How to Put the PERSONAL Back into YOUR Fitness Training Program

by Kyle Radaker, M.S. of TEMPO Indoor Cycling and Personal Training (5/28/2009)

Are you interested in an effective weight-loss strategy with increased overall health and wellness? Or maybe you’re an elite-minded athlete interested in improved performance? In either case, how can you truly evaluate your program? Is it a question of proper training and/or nutrition? Certainly you don’t still abide by the “no pain-no gain” approach?! And by now you’ve learned that a calorie restrictive “diet” won’t work. For the general exercise enthusiast as well as the elite minded athlete, is it possible your approach is actually counter productive to your specific goal? The answer is an alarming YES!

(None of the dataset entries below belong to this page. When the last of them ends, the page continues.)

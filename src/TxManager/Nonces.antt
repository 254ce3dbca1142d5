-- ===== src/TxManager/Nonces.antt =====
-- The nonces that `prepareTx` gives: one after the other, none twice, and the last one kept in Redis.
use zeropool_relayer.Base.{
  ℕ, suc, ◌+◌, ◌≡◌, refl, sym, false, List, [], ◌∷◌, length, none, some, Outcome, ok, throws, ◌>>=◌,
  Text, arith, ◌∙◌, All,
}
use mathlib.Core.Path.{subst}
use zeropool_relayer.Gas.{GasPriceValue, legacy, eip1559}
use zeropool_relayer.TxManager.{
  TransactionConfig, EvmTxManager, EvmTxManagerConfig, SendTx, Prepared, prepare_tx, prepare_new,
  requested, priced, signed, spread,
}

-- A new transaction whose caller sets no nonce.
pub record IsNew (t : SendTx) : Type 0 where
  pub not_resend : t.options.is_resend ≡ false
  pub no_nonce : (requested t).nonce ≡ none

-- A prepared transaction carries the nonce.
abbrev pub Numbered : ℕ → Outcome Prepared → Type 0
Numbered n (ok p) = p.attempt.extra_data.nonce ≡ some n
Numbered n (throws e) = Unit

abbrev pub Consecutive : ℕ → List (Outcome Prepared) → Type 0
Consecutive n [] = Unit
Consecutive n (p ∷ ps) = Numbered n p × Consecutive (suc n) ps

module _ (sign : TransactionConfig → Outcome (Text × Text)) (c : EvmTxManagerConfig) where
  -- A sequence of calls of `prepareTx`, each with the answer of the price source.
  unfoldable pub prepare_all :
      EvmTxManager → List (Outcome GasPriceValue × SendTx) → EvmTxManager × List (Outcome Prepared)
  unfolding prepare_tx
  prepare_all m [] = (m, [])
  prepare_all m ((fetched, t) ∷ ts) =
      let (m', p) = prepare_tx sign c fetched m t in
      let (m'', ps) = prepare_all m' ts in (m'', p ∷ ps)

  Numbered->>= :
      (o : Outcome (Text × Text)) (tx : TransactionConfig) (n : ℕ)
      → tx.nonce ≡ some n
      → Numbered n (
          o >>= λ s.
          ok
            (record { raw_transaction = s.1; attempt = record { tx_hash = s.0; extra_data = tx } }))
  unfolding ◌>>=◌
  Numbered->>= (ok s) tx n e = e
  Numbered->>= (throws x) tx n e = tt

  Numbered-signed :
      (tx : TransactionConfig) (n : ℕ) → tx.nonce ≡ some n → Numbered n (signed sign tx)
  unfolding signed
  Numbered-signed tx n e = Numbered->>= (sign tx) tx n e

  nonce-prepare_new :
      (m : EvmTxManager) (tx : TransactionConfig) (price : GasPriceValue)
      → tx.nonce ≡ none
      → Numbered m.nonce (prepare_new sign m tx price).1
  unfolding prepare_new spread
  nonce-prepare_new m tx (legacy p) e = Numbered-signed _ m.nonce (rw e)
  nonce-prepare_new m tx (eip1559 p q) e = Numbered-signed _ m.nonce (rw e)

  new_transaction :
      (m : EvmTxManager) (fetched : Outcome GasPriceValue) (t : SendTx)
      → IsNew t
      → let (after, p) = prepare_tx sign c fetched m t in
        Numbered m.nonce p × (after.nonce ≡ suc m.nonce) × (after.stored_nonce ≡ suc m.nonce)
  unfolding prepare_tx
  new_transaction m fetched t h =
      let before = priced c m fetched t.options.should_update_gas_price in
      let numbered = nonce-prepare_new before.0 (requested t) before.1 h.no_nonce in
      rw h.not_resend (numbered, refl, refl)

  -- The nonces of new transactions are consecutive numbers from the manager's one on, so that no two
  -- of them share one, and the next one is what the manager and Redis hold at the end.
  pub prepare_all_lem :
      (m : EvmTxManager) (ts : List (Outcome GasPriceValue × SendTx))
      → m.stored_nonce ≡ m.nonce
      → All (λ t. IsNew t.1) ts
      → let (after, ps) = prepare_all m ts in
        Consecutive m.nonce ps
        × (after.nonce ≡ m.nonce + length ts)
        × (after.stored_nonce ≡ after.nonce)
  unfolding prepare_all
  prepare_all_lem m [] e h = (tt, omega arith, e)
  prepare_all_lem m ((fetched, t) ∷ ts) e (new, h) =
      let (numbered, next, stored) = new_transaction m fetched t new in
      let after = (prepare_tx sign c fetched m t).0 in
      let (rest, count, kept) = prepare_all_lem after ts (stored ∙ sym next) h in
      (
        (numbered, subst (λ n. Consecutive n (prepare_all after ts).1) next rest),
        omega (arith, count, next),
        kept,
      )
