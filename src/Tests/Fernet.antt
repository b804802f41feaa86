-- ===== src/Tests/Fernet.antt =====
-- A sealing of texts that has Fernet's laws and shows what it seals.
use Prim.Native.Char.{char, code}
use Prim.Native.Nat.{zero, suc}
use cimd_proxy.Prelude.{
  ℕ, ◌+◌, ◌≤◌, ◌<◌, String, ◌≡◌, refl, true, false, Option, none, some, all_chars, if◌then◌else◌,
  leb, eqb, arith,
}
use cimd_proxy.Platform.{is_ascii_char}

-- The time in strokes, a dot and the text.
unfoldable pub mark : ℕ → String → String
mark zero blob = String.◌∷◌ (char 46 tt) blob
mark (suc n) blob = String.◌∷◌ (char 43 tt) (mark n blob)

abbrev later : Option (ℕ × String) → Option (ℕ × String)
later none = none
later (some (n, s)) = some (suc n, s)

unmark : String → Option (ℕ × String)
unmark String.[] = none
unmark (String.◌∷◌ c s) = if eqb (code c) 43 then later (unmark s) else some (0, s)

unmark-mark : (n : ℕ) (blob : String) → unmark (mark n blob) ≡ some (n, blob)
unfolding mark unmark
unmark-mark zero blob = refl
unmark-mark (suc n) blob = rw (unmark-mark n blob)

abbrev within : Option ℕ → ℕ → Option (ℕ × String) → Option String
within ttl now none = none
within none now (some (made, s)) = some s
within (some ttl) now (some (made, s)) = if leb now (made + ttl) then some s else none

unfoldable pub unseal : Option ℕ → ℕ → String → Option String
unfolding unmark
unseal ttl now token = within ttl now (unmark token)

pub unseal-mark : (made now : ℕ) (blob : String) → unseal none now (mark made blob) ≡ some blob
unfolding unseal
unseal-mark made now blob = rw (unmark-mark made blob)

pub unseal-mark_live :
    (made ttl now : ℕ) (blob : String)
    → now ≤ made + ttl
    → unseal (some ttl) now (mark made blob) ≡ some blob
unfolding unseal
unseal-mark_live made ttl now blob live =
    let test : leb now (made + ttl) ≡ true = ground arith in rw (unmark-mark made blob, test)

pub unseal-mark_stale :
    (made ttl now : ℕ) (blob : String)
    → made + ttl < now
    → unseal (some ttl) now (mark made blob) ≡ none
unfolding unseal
unseal-mark_stale made ttl now blob stale =
    let test : leb now (made + ttl) ≡ false = ground arith in rw (unmark-mark made blob, test)

pub mark_ascii :
    (made : ℕ) (blob : String)
    → all_chars is_ascii_char blob ≡ true
    → all_chars is_ascii_char (mark made blob) ≡ true
unfolding mark all_chars
mark_ascii zero blob h = h
mark_ascii (suc n) blob h = mark_ascii n blob h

What we need to do is get back to basics. Understand that exercise is a way to introduce “stress” to your body. If the level of stress you introduce is at an intensity level beyond your physiological capability, your body will interpret the need to adapt. Additionally, your body needs the proper amount of rest and nutrition to allow change to occur. In order to tip the equation of stress, rest, and nutrition in your favor, you need to learn just what level of each will result in the desired  adaptation(s). This process in quantified through a process of “metabolic profiling.”  

Metabolic Profiling 

The common denominator is energy.All plants and animals (including humans!) depend on energy to sustain life. The main source of all energy is the sun. Sunlight radiates energy and plants absorb, convert and store energy such that when we eat the plants (and the animals that eat the plants) we derive the energy necessary to move, work, and exercise. The key concept as it pertains to health, fitness, and performance is learning how to balance the amount of energy coming “in” with the amount of energy going “out.”

Energy in biological systems is commonly referred to and measured in calories, and obtained from the basic macronutrients in food--specifically carbohydrate, fat, and protein. So, in order to know specifically how to determine the amount of energy (calories) one should “take in” (consume), they would need to first determine the amount of energy (calories) they “put out” (expenditure). And at varying levels of exercise intensity, your body uses “fuel” from varying energy systems within your body. This is a quantifiable process and is unique to each and every individual--your personal metabolic profile. 

Metabolic Profile Assessment

A Metabolic Profile Assessment is as easy to perform as breathing! VO2 is the rate of oxygen uptake, or consumption, by our bodies measured at rest (RMR) and/or during exercise (Graded Exercise Test), and answers the question of how many calories we burn. Measurement of VO2 will provide a true assessment of fitness level. A VO2 test will also show the anaerobic threshold. Knowing the unique anaerobic threshold can be used to design a workout plan that will improve fitness, train your specific energy systems, and maximize calories burned.

A Metabolic Profile Assessment will provide data that is vital to proper fitness training. In addition, a Metabolic Profile Assessment will measure how many calories are burned during a workout at every exercise heart rate level. This information, along with a heart rate monitor, or a heart rate equipped bike or treadmill, can be used to calculate the precise amount of calories, and the type of calories, burned during a workout.